* DATA FOR ANALYSIS *
──────────────────────────────
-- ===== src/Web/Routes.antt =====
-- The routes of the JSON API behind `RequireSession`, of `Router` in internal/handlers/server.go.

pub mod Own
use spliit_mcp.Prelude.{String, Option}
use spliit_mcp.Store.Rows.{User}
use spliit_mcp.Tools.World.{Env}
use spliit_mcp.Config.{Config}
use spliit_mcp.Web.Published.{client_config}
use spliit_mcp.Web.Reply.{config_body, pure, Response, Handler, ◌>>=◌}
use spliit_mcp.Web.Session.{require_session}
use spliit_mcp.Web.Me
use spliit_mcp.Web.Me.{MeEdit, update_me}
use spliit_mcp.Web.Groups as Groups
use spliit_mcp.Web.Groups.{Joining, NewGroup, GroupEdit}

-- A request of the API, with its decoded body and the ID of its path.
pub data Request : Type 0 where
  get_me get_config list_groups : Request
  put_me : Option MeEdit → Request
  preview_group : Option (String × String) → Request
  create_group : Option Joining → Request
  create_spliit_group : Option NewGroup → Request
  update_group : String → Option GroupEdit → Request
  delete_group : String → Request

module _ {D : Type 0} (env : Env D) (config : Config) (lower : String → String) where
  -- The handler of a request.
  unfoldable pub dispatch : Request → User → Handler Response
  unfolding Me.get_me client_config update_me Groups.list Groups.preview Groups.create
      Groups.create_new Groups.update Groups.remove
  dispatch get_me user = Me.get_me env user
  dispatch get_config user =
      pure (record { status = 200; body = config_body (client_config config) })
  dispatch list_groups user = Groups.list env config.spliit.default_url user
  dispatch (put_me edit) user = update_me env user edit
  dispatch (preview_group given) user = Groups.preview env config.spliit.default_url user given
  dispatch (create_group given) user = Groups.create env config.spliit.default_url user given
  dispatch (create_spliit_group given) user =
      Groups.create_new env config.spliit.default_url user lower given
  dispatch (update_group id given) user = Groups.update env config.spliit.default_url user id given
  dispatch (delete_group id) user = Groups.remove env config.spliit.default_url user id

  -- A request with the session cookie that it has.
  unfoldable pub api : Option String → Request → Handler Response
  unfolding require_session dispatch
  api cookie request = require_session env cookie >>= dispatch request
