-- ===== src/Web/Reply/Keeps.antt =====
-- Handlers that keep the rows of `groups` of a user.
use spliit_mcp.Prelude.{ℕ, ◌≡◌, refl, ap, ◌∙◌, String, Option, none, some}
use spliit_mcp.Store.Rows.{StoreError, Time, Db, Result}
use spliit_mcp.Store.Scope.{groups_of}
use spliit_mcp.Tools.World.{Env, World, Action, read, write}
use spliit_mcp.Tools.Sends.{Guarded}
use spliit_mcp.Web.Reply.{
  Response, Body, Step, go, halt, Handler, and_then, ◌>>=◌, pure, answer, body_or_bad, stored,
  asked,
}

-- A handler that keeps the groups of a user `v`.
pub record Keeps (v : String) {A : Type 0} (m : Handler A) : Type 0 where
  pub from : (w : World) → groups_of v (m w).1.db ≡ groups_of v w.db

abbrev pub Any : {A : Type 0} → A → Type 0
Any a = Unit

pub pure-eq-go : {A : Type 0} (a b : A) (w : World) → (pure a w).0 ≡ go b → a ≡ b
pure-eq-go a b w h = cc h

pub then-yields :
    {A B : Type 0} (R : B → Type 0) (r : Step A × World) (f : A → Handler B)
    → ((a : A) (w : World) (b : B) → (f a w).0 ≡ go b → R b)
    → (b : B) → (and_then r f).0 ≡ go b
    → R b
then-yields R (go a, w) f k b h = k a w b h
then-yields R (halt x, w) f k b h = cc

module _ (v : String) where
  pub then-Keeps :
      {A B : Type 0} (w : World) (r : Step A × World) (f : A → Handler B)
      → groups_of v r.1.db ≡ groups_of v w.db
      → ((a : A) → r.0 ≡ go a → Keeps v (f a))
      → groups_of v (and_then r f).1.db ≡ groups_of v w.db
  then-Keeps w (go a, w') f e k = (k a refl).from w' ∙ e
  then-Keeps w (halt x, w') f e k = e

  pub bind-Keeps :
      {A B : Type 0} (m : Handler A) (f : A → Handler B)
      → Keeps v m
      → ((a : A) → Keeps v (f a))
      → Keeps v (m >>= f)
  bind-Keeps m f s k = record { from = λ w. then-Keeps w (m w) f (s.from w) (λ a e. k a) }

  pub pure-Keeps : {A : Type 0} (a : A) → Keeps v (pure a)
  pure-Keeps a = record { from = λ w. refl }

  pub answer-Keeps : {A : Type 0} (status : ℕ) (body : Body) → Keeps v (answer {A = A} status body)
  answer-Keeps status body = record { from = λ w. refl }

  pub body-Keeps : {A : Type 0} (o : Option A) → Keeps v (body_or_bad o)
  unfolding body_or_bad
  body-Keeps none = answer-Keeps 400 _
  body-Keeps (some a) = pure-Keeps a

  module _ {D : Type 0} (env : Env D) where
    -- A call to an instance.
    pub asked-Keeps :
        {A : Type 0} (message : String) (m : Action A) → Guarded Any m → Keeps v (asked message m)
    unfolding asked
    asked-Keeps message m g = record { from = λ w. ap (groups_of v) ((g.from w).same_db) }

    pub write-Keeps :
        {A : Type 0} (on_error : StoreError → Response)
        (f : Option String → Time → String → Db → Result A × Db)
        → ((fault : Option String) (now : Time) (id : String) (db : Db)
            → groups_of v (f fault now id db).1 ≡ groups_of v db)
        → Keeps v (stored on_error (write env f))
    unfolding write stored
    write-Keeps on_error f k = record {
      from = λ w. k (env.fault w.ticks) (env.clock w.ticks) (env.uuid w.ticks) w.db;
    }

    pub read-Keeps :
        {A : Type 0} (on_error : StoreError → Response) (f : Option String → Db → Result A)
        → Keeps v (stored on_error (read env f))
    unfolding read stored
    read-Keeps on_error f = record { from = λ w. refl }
──────────────────────────────
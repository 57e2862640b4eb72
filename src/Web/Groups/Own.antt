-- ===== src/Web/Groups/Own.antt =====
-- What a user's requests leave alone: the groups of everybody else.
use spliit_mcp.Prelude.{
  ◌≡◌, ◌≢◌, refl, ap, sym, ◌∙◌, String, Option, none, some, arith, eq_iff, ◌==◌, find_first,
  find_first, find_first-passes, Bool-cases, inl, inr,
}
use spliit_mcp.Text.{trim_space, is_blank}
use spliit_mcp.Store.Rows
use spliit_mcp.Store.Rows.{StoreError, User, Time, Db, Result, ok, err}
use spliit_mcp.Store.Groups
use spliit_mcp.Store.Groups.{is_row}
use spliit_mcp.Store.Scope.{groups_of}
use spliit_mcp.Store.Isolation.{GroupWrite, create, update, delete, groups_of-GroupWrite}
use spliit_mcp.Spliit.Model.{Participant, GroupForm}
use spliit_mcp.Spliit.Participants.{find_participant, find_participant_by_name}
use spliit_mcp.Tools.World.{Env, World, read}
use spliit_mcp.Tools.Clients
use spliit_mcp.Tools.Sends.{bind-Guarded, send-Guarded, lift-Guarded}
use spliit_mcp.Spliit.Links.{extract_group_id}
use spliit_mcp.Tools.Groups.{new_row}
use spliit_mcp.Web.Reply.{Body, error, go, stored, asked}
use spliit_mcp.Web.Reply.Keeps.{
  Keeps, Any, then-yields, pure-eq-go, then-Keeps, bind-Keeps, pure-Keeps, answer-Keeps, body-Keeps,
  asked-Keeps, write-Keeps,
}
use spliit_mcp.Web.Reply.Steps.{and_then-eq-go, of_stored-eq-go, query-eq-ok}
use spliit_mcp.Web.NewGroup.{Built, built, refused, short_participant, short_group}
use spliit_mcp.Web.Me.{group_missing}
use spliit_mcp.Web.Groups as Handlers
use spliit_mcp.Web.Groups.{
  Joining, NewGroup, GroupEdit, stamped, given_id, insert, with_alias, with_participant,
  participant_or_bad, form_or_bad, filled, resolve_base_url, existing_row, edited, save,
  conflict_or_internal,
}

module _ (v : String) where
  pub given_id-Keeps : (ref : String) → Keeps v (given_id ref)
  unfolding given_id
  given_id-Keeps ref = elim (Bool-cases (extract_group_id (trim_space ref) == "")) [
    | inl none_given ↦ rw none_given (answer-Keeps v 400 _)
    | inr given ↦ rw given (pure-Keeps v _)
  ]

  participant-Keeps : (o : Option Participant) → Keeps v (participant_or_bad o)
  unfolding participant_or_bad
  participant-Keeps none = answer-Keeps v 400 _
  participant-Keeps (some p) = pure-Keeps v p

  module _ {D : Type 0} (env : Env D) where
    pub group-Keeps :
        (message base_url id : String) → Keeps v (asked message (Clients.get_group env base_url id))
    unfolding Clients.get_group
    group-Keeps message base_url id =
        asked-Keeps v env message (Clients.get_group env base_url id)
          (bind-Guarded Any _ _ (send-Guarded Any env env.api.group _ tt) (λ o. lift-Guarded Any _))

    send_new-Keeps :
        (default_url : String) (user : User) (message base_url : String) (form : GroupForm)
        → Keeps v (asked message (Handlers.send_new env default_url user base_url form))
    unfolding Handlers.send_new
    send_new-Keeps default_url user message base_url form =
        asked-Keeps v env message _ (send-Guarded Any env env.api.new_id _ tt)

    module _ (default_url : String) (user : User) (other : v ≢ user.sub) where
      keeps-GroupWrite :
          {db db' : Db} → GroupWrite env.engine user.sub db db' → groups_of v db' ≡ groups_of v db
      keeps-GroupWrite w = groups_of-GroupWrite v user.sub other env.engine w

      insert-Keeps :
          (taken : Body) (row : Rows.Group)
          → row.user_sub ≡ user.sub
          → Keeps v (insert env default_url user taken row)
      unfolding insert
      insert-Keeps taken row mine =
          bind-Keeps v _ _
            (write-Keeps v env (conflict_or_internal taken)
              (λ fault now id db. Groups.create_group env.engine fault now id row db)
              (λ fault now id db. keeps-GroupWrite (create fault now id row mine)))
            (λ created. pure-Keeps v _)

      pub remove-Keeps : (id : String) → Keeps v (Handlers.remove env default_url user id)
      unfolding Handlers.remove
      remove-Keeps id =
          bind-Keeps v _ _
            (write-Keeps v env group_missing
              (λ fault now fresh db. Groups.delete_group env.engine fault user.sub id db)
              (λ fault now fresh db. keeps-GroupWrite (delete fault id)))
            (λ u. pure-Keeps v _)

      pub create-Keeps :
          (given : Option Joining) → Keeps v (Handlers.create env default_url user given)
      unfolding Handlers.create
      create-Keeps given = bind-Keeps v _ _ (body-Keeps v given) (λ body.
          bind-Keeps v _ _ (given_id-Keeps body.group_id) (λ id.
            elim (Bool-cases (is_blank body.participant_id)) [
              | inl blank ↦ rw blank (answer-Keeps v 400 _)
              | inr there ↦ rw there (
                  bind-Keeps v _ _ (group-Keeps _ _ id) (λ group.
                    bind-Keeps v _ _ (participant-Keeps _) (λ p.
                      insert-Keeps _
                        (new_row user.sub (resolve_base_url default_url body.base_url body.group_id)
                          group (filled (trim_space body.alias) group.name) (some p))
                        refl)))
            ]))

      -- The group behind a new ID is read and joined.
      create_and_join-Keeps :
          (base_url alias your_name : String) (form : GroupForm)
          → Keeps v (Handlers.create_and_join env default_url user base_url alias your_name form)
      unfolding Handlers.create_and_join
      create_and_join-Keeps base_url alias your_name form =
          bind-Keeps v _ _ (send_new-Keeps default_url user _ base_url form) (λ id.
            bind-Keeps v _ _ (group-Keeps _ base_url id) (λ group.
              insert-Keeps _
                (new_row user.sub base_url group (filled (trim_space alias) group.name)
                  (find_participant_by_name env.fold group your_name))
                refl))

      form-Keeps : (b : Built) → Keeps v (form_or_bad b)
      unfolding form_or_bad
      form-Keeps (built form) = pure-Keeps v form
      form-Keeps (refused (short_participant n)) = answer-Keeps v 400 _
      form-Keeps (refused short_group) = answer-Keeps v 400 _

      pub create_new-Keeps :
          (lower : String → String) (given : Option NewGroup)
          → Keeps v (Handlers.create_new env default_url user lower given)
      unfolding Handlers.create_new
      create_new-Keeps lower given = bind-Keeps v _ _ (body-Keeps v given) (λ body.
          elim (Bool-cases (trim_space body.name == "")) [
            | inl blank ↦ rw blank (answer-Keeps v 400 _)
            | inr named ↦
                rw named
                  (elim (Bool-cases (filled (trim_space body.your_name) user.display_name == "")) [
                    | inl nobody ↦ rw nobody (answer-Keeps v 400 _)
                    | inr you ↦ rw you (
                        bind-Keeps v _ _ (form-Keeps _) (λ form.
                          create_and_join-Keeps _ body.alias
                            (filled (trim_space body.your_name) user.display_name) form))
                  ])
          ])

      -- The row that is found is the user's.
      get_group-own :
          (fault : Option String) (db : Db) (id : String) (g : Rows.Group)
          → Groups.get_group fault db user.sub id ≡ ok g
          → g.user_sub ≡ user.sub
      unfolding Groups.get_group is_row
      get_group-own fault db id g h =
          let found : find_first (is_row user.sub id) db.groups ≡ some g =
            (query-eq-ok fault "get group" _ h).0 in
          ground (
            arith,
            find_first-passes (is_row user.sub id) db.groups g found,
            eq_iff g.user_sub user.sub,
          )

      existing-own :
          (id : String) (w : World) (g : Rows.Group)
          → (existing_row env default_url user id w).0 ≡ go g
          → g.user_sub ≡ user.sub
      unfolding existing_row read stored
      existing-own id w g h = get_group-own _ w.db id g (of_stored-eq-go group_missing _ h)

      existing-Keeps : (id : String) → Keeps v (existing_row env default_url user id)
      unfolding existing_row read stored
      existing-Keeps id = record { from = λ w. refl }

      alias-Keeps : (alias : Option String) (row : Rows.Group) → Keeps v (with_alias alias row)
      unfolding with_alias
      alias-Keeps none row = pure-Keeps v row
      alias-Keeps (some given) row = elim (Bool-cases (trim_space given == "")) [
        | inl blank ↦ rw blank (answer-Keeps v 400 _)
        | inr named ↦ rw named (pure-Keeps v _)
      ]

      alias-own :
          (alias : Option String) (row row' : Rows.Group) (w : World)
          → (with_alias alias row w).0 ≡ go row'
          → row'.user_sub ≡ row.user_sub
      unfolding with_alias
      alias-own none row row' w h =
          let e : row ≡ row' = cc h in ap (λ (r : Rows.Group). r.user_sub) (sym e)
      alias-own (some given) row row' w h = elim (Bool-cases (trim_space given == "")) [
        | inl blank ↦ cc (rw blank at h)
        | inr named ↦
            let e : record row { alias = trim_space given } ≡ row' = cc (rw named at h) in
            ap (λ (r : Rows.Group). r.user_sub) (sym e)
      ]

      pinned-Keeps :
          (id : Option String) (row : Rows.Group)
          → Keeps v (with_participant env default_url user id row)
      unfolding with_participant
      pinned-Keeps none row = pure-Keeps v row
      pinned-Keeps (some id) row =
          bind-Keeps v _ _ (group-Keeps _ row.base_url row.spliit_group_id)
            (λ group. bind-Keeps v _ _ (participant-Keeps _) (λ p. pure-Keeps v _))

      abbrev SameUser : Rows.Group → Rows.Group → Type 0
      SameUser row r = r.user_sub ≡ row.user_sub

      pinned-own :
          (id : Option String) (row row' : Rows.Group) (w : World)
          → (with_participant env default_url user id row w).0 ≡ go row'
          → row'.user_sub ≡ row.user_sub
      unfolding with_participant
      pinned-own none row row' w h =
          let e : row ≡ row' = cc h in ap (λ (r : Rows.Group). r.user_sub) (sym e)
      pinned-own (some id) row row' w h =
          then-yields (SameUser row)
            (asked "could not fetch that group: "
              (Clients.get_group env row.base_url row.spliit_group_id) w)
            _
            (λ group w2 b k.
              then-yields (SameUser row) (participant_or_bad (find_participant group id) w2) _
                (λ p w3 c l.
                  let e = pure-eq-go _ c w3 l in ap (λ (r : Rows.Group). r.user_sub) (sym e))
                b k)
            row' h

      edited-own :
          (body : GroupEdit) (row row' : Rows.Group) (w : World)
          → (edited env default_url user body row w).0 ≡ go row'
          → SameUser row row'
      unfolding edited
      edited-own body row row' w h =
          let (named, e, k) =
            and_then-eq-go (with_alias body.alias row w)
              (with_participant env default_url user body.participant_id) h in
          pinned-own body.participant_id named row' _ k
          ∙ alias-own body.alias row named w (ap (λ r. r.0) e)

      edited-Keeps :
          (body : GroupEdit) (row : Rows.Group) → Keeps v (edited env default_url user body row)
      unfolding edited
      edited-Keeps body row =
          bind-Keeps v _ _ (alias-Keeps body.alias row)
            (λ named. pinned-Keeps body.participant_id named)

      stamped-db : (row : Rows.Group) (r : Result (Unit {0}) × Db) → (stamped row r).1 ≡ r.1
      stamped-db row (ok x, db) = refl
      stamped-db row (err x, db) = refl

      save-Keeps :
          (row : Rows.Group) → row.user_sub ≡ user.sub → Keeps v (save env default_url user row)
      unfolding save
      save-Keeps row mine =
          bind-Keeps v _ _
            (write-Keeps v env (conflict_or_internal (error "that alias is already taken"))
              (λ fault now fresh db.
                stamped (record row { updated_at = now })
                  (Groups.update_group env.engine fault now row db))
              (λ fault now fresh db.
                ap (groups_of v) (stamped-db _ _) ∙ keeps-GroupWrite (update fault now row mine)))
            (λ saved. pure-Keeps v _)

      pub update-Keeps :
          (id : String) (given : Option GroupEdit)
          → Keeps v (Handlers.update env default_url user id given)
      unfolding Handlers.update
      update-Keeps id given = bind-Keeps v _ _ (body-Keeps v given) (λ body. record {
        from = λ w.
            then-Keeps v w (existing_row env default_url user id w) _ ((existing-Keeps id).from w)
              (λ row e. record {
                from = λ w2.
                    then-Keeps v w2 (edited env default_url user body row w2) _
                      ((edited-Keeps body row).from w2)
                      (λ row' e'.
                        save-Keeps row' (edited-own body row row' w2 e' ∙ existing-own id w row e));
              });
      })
──────────────────────────────
* TASK TO COMPLETE *
Apply a filter to the listing above so that only lines with "Response" are kept, and copy those lines.

* ANSWER TO THE PROBLEM *
use spliit_mcp.Web.Reply.{config_body, pure, Response, Handler, ◌>>=◌}
  unfoldable pub dispatch : Request → User → Handler Response
  unfoldable pub api : Option String → Request → Handler Response
  Response, Body, Step, go, halt, Handler, and_then, ◌>>=◌, pure, answer, body_or_bad, stored,
        {A : Type 0} (on_error : StoreError → Response)
        {A : Type 0} (on_error : StoreError → Response) (f : Option String → Db → Result A)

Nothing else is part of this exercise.